━━ DATA SUPPLIED ━━

-- ===== src/Control.antt =====
-- internal/mcp/tools.go: the tools of the control server, over the store that they read and the
-- scheduler that they command. JSON-RPC's framing and the rendering of a result as text are left out;
-- a result is what it says. A time is in nanoseconds, 0 the zero time.
pub mod Effects
pub mod Server
use hounds_ciai.Prelude.{
  ℕ, ◌-◌, ◌/◌, String, Bool, true, false, Option, none, some, List, [], ◌∷◌, ◌==◌, string_eq,
  nat_eq, if◌then◌else◌, map,
}
use hounds_ciai.Result.{Result, ok, err, Err}
use hounds_ciai.Store.{Task, AuditEntry, Store, get_task, list_tasks, audit}
use hounds_ciai.Engine.Naming.{task_id}
use hounds_ciai.Scheduler.{Sched, DoneCheck, Refusal, cancel_issue, enqueue_one}

-- `TaskView`: the fields that are shown, with what is omitted as `none` or "".
pub record TaskView : Type 0 where
  pub id : String
  pub issue : ℕ
  pub repo : String
  pub branch : String
  pub state : String
  pub pr_number : Option ℕ
  pub retry_counts : List (String × ℕ)
  pub created_at : ℕ
  pub updated_at : ℕ
  pub agent_status : String
  pub agent_status_for : Option ℕ
  pub state_for : Option ℕ
  pub state_timeout : String
  pub blocked_timeout : String

pub record AuditEntryView : Type 0 where
  pub ts : ℕ
  pub from_state : String
  pub to_state : String
  pub trigger : String
  pub result : String

-- `secondsSince`: an unset time is no age, and a clock that went back shows 0.
unfoldable pub seconds_since : ℕ → ℕ → Option ℕ
seconds_since now at_time = if at_time == 0 then none else some ((now - at_time) / 1000000000)

-- `Deadlines`, which may be left out.
abbrev pub Deadlines : Type 0
Deadlines = Option (String → String × String)

abbrev bounds_of : Deadlines → String → String × String
bounds_of none state = ("", "")
bounds_of (some f) state = f state

unfoldable pub to_task_view : Deadlines → ℕ → Task → TaskView
unfolding seconds_since
to_task_view deadlines now t = record {
  id = t.id;
  issue = t.issue;
  repo = t.repo;
  branch = t.branch;
  state = t.current_state;
  pr_number = t.pr_number;
  retry_counts = t.retry_counts;
  created_at = t.created_at;
  updated_at = t.updated_at;
  agent_status = t.agent_status;
  agent_status_for = seconds_since now t.agent_status_at;
  state_for = seconds_since now t.state_entered_at;
  state_timeout = (bounds_of deadlines t.current_state).0;
  blocked_timeout = (bounds_of deadlines t.current_state).1;
}

unfoldable pub to_audit_view : AuditEntry → AuditEntryView
to_audit_view a = record {
  ts = a.ts;
  from_state = a.from_state;
  to_state = a.to_state;
  trigger = a.trigger;
  result = a.result;
}

-- The argument `issue`: left out, below zero by one more than the number, or a natural number.
pub data IssueArg : Type 0 where
  missing : IssueArg
  below : ℕ → IssueArg
  number : ℕ → IssueArg

pub record CallParams : Type 0 where
  pub name : String
  pub issue : IssueArg

-- What a call answers. Only parameters that do not decode are a protocol error; every other trouble is
-- a result that is marked as an error.
pub data ToolReply : Type 0 where
  invalid_params : ToolReply
  tasks_shown : List TaskView → ToolReply
  task_shown : TaskView → ToolReply
  audit_shown : List AuditEntryView → ToolReply
  cancel_dispatched enqueued : ℕ → ToolReply
  bad_argument : ToolReply
  unknown_tool : String → ToolReply
  read_failed : ToolReply
  refused : Refusal → ToolReply

-- What the handler reads and commands. `reads` says whether a read of the store succeeds.
pub record Handler : Type 0 where
  pub deadlines : Deadlines
  pub check : DoneCheck
  pub now : ℕ
  pub store : Store
  pub reads : Bool

unfoldable pub commanded : ToolReply → Option Refusal × Sched → ToolReply × Sched
commanded done (none, s) = (done, s)
commanded done (some r, s) = (refused r, s)

unfoldable pub show_task : Handler → Result Task → ToolReply
unfolding to_task_view
show_task h (ok t) = task_shown (to_task_view h.deadlines h.now t)
show_task h (err e) = read_failed

unfoldable pub list_tool : Handler → ToolReply
unfolding to_task_view
list_tool h =
    if h.reads
    then tasks_shown (map (to_task_view h.deadlines h.now) (list_tasks h.store))
    else read_failed

-- The `switch` on the tool's name.
unfoldable pub issue_tool : Handler → String → ℕ → Sched → ToolReply × Sched
unfolding commanded show_task to_audit_view
issue_tool h name issue s =
    if name == "get_task"
    then ((if h.reads then show_task h (get_task (task_id issue) h.store) else read_failed), s)
    else if name == "get_audit"
    then (
      (if h.reads
          then audit_shown (map to_audit_view (audit (task_id issue) h.store))
          else read_failed),
      s,
    )
    else if name == "cancel_task"
    then commanded (cancel_dispatched issue) (cancel_issue issue s)
    else if name == "enqueue_task"
    then commanded (enqueued issue) (enqueue_one h.check issue s)
    else (unknown_tool name, s)

unfoldable pub with_issue : Handler → String → IssueArg → Sched → ToolReply × Sched
unfolding issue_tool
with_issue h name missing s = (bad_argument, s)
with_issue h name (below n) s = (bad_argument, s)
with_issue h name (number n) s = if n == 0 then (bad_argument, s) else issue_tool h name n s

-- `callTool`: parameters that do not decode are `none`.
unfoldable pub call_tool : Handler → Option CallParams → Sched → ToolReply × Sched
unfolding with_issue list_tool
call_tool h none s = (invalid_params, s)
call_tool h (some p) s =
    if p.name == "list_tasks" then (list_tool h, s) else with_issue h p.name p.issue s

━━━

Exactly as they appear above, return all of the records.

-- ===== src/Control.antt =====
-- internal/mcp/tools.go: the tools of the control server, over the store that they read and the
-- scheduler that they command. JSON-RPC's framing and the rendering of a result as text are left out;
-- a result is what it says. A time is in nanoseconds, 0 the zero time.
pub mod Effects
pub mod Server
use hounds_ciai.Prelude.{
  ℕ, ◌-◌, ◌/◌, String, Bool, true, false, Option, none, some, List, [], ◌∷◌, ◌==◌, string_eq,
  nat_eq, if◌then◌else◌, map,
}
use hounds_ciai.Result.{Result, ok, err, Err}
use hounds_ciai.Store.{Task, AuditEntry, Store, get_task, list_tasks, audit}
use hounds_ciai.Engine.Naming.{task_id}
use hounds_ciai.Scheduler.{Sched, DoneCheck, Refusal, cancel_issue, enqueue_one}

-- `TaskView`: the fields that are shown, with what is omitted as `none` or "".
pub record TaskView : Type 0 where
  pub id : String
  pub issue : ℕ
  pub repo : String
  pub branch : String
  pub state : String
  pub pr_number : Option ℕ
  pub retry_counts : List (String × ℕ)
  pub created_at : ℕ
  pub updated_at : ℕ
  pub agent_status : String
  pub agent_status_for : Option ℕ
  pub state_for : Option ℕ
  pub state_timeout : String
  pub blocked_timeout : String

pub record AuditEntryView : Type 0 where
  pub ts : ℕ
  pub from_state : String
  pub to_state : String
  pub trigger : String
  pub result : String

-- `secondsSince`: an unset time is no age, and a clock that went back shows 0.
unfoldable pub seconds_since : ℕ → ℕ → Option ℕ
seconds_since now at_time = if at_time == 0 then none else some ((now - at_time) / 1000000000)

-- `Deadlines`, which may be left out.
abbrev pub Deadlines : Type 0
Deadlines = Option (String → String × String)

abbrev bounds_of : Deadlines → String → String × String
bounds_of none state = ("", "")
bounds_of (some f) state = f state

unfoldable pub to_task_view : Deadlines → ℕ → Task → TaskView
unfolding seconds_since
to_task_view deadlines now t = record {
  id = t.id;
  issue = t.issue;
  repo = t.repo;
  branch = t.branch;
  state = t.current_state;
  pr_number = t.pr_number;
  retry_counts = t.retry_counts;
  created_at = t.created_at;
  updated_at = t.updated_at;
  agent_status = t.agent_status;
  agent_status_for = seconds_since now t.agent_status_at;
  state_for = seconds_since now t.state_entered_at;
  state_timeout = (bounds_of deadlines t.current_state).0;
  blocked_timeout = (bounds_of deadlines t.current_state).1;
}

unfoldable pub to_audit_view : AuditEntry → AuditEntryView
to_audit_view a = record {
  ts = a.ts;
  from_state = a.from_state;
  to_state = a.to_state;
  trigger = a.trigger;
  result = a.result;
}

-- The argument `issue`: left out, below zero by one more than the number, or a natural number.
pub data IssueArg : Type 0 where
  missing : IssueArg
  below : ℕ → IssueArg
  number : ℕ → IssueArg

pub record CallParams : Type 0 where
  pub name : String
  pub issue : IssueArg

-- What a call answers. Only parameters that do not decode are a protocol error; every other trouble is
-- a result that is marked as an error.
pub data ToolReply : Type 0 where
  invalid_params : ToolReply
  tasks_shown : List TaskView → ToolReply
  task_shown : TaskView → ToolReply
  audit_shown : List AuditEntryView → ToolReply
  cancel_dispatched enqueued : ℕ → ToolReply
  bad_argument : ToolReply
  unknown_tool : String → ToolReply
  read_failed : ToolReply
  refused : Refusal → ToolReply

-- What the handler reads and commands. `reads` says whether a read of the store succeeds.
pub record Handler : Type 0 where
  pub deadlines : Deadlines
  pub check : DoneCheck
  pub now : ℕ
  pub store : Store
  pub reads : Bool

unfoldable pub commanded : ToolReply → Option Refusal × Sched → ToolReply × Sched
commanded done (none, s) = (done, s)
commanded done (some r, s) = (refused r, s)

unfoldable pub show_task : Handler → Result Task → ToolReply
unfolding to_task_view
show_task h (ok t) = task_shown (to_task_view h.deadlines h.now t)
show_task h (err e) = read_failed

unfoldable pub list_tool : Handler → ToolReply
unfolding to_task_view
list_tool h =
    if h.reads
    then tasks_shown (map (to_task_view h.deadlines h.now) (list_tasks h.store))
    else read_failed

-- The `switch` on the tool's name.
unfoldable pub issue_tool : Handler → String → ℕ → Sched → ToolReply × Sched
unfolding commanded show_task to_audit_view
issue_tool h name issue s =
    if name == "get_task"
    then ((if h.reads then show_task h (get_task (task_id issue) h.store) else read_failed), s)
    else if name == "get_audit"
    then (
      (if h.reads
          then audit_shown (map to_audit_view (audit (task_id issue) h.store))
          else read_failed),
      s,
    )
    else if name == "cancel_task"
    then commanded (cancel_dispatched issue) (cancel_issue issue s)
    else if name == "enqueue_task"
    then commanded (enqueued issue) (enqueue_one h.check issue s)
    else (unknown_tool name, s)

unfoldable pub with_issue : Handler → String → IssueArg → Sched → ToolReply × Sched
unfolding issue_tool
with_issue h name missing s = (bad_argument, s)
with_issue h name (below n) s = (bad_argument, s)
with_issue h name (number n) s = if n == 0 then (bad_argument, s) else issue_tool h name n s

-- `callTool`: parameters that do not decode are `none`.
unfoldable pub call_tool : Handler → Option CallParams → Sched → ToolReply × Sched
unfolding with_issue list_tool
call_tool h none s = (invalid_params, s)
call_tool h (some p) s =
    if p.name == "list_tasks" then (list_tool h, s) else with_issue h p.name p.issue s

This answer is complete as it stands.